El informe

 

El ciudadano no se involucra. Manes de aquellos excesos, hoy sustituidos por otros


Hasta los años ochenta, el Informe presidencial era esperado con ansia por estudiantes y burócratas, pues era un día inhábil. Su contenido no importaba, su trascendencia consistía en agregar un día más de ocio al ya de suyo feriado septiembre. Al día siguiente no había nota capaz de competir las 8 columnas y el espacio electrónico a dicha efeméride. Las loas al mandatario no conocían límite, Enrique Loubet Jr., legendario periodista de aquel Excélsior, afirmaba que la edición del año respectivo podía ser una copia exacta de la del anterior, nadie se daría cuenta, pues los datos del estado de la administración no eran prioridad, lo importante era sumarse a la cauda del cometa del mandatario en turno.

Se daba cuenta detallada del menú del desayuno, de los trajes lucidos por su esposa e hijos, de detalles propios vueltos ritual en su sexenio, como la bendición de doña Cuquita y la sobada de panza a Ixchel, diosa maya de la fertilidad, por parte de López Portillo, o el discurso previo, tanto o más extenso que el Informe, de Echeverría.
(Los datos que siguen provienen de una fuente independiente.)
-- ===== src/Cache.antt =====
-- apps/api/cache.py: readers (`cached`) and writers (`commit_with_invalidation`) of the public cache, as
-- a step relation. A step is one call of Redis or of the database; steps of any number of readers and
-- of writers interleave. The data of a key is the number of its last commit.
pub mod Kept
pub mod Fresh
mod Tests
use meraipo.Prelude.{
  ℕ, ◌+◌, ◌≡◌, Bool, true, false, not, ◌&&◌, ◌||◌, Option, none, some, List, [], ◌∷◌, ◌++◌, ltb,
  leb, ◌==◌, if◌then◌else◌, all_of, any_of,
}

-- A reader, with the number of the last commit when its request began: before it looked at the dirty
-- marker; after it found none; with the generation that it was given; with the data that it loaded and
-- is to store; and with its answer. A reader that bypasses the cache loads too, and stores nothing.
pub data Reader : Type 0 where
  began cleared : ℕ → Reader
  located : ℕ → ℕ → Reader
  bypassed : ℕ → Reader
  loaded : ℕ → ℕ → ℕ → Reader
  answered : ℕ → ℕ → Reader

-- The writer that holds the lock `cache:writer`: before it sets the marker, after that, after its
-- commit, and after the generation was advanced.
pub data Writer : Type 0 where
  idle locked marked committed advanced : Writer

-- The number of commits; the generation and the dirty marker in Redis; the entries, as the generation
-- they are stored under and the data; the readers; the writer.
pub record Site : Type 0 where
  pub commits : ℕ
  pub generation : ℕ
  pub dirty : Bool
  pub entries : List (ℕ × ℕ)
  pub readers : List Reader
  pub writer : Writer

abbrev pub in_past : Reader → Bool
in_past (cleared n) = true
in_past (located n g) = true
in_past (loaded n g d) = true
in_past _ = false

-- One step of a reader that changes nothing but the reader. A failure of Redis sends it past the cache.
pub data Turn (s : Site) : Reader → Reader → Type 0 where
  looks : (n : ℕ) → s.dirty ≡ false → Turn s (began n) (cleared n)
  bypasses : (n : ℕ) → Turn s (began n) (bypassed n)
  gives_up : (n : ℕ) → Turn s (cleared n) (bypassed n)
  gives_up_located : (n g : ℕ) → Turn s (located n g) (bypassed n)
  gets : (n : ℕ) → Turn s (cleared n) (located n s.generation)
  hits :
      (n g d : ℕ) (before after : List (ℕ × ℕ))
      → s.entries ≡ before ++ (g, d) ∷ after
      → Turn s (located n g) (answered n d)
  loads : (n g : ℕ) → Turn s (located n g) (loaded n g s.commits)
  loads_past : (n : ℕ) → Turn s (bypassed n) (answered n s.commits)
  loses : (n g d : ℕ) → Turn s (loaded n g d) (answered n d)

abbrev pub is_idle : Writer → Bool
is_idle idle = true
is_idle _ = false

-- The marker outlives every entry that is older than it, and every reader that had looked before it
-- was set: it is kept for twice the time that an entry is.
abbrev pub outlived : Site → Bool
outlived s =
    is_idle s.writer
    && (all_of (λ e. not (e.0 == s.generation)) s.entries
        && all_of (λ r. not (in_past r)) s.readers)

pub data Step : Site → Site → Type 0 where
  begins : (s : Site) → Step s (record s { readers = began s.commits ∷ s.readers })
  turns :
      (s : Site) (xs ys : List Reader) (r r' : Reader)
      → s.readers ≡ xs ++ r ∷ ys
      → Turn s r r'
      → Step s (record s { readers = xs ++ r' ∷ ys })
  stores :
      (s : Site) (xs ys : List Reader) (n g d : ℕ)
      → s.readers ≡ xs ++ loaded n g d ∷ ys
      → Step s (record s { entries = (g, d) ∷ s.entries; readers = xs ++ answered n d ∷ ys })
  expires :
      (s : Site) (before after : List (ℕ × ℕ)) (e : ℕ × ℕ)
      → s.entries ≡ before ++ e ∷ after
      → Step s (record s { entries = before ++ after })
  locks : (s : Site) → s.writer ≡ idle → Step s (record s { writer = locked })
  marks : (s : Site) → s.writer ≡ locked → Step s (record s { dirty = true; writer = marked })
  commits_data :
      (s : Site)
      → s.writer ≡ marked
      → Step s (record s { commits = s.commits + 1; writer = committed })
  advances :
      (s : Site)
      → s.writer ≡ committed
      → Step s (record s { generation = s.generation + 1; writer = advanced })
  clears : (s : Site) → s.writer ≡ advanced → Step s (record s { dirty = false; writer = idle })
  quits : (s : Site) → Step s (record s { writer = idle })
  forgets : (s : Site) → outlived s ≡ true → Step s (record s { dirty = false })

pub data Reaches (first : Site) : Site → Type 0 where
  here : Reaches first first
  step : (mid last : Site) → Reaches first mid → Step mid last → Reaches first last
Era el día del Presidente, la cumbre de su sacrificio por la Patria, coronado por un desfile en carro descubierto, donde se le cubría de papel picado y recibía el agradecimiento, siempre espontáneo, del pueblo sencillo bendecido por su esfuerzo. El tiempo se llevó esos usos.

Muñoz Ledo introdujo el cuestionamiento durante la liturgia, sacrilegio impensado entonces, y De la Madrid vio irse, impotente, el endiosamiento del tlatoani.

Se hizo un favor, sin saberlo, a los mandatarios subsecuentes. Los libraron del cuestionamiento de una representación plural, no atada a la disciplina monolítica de aquel partido único. Hoy el tema es de auditorios seleccionados.

El ciudadano no se involucra. Manes de aquellos excesos, hoy sustituidos por otros.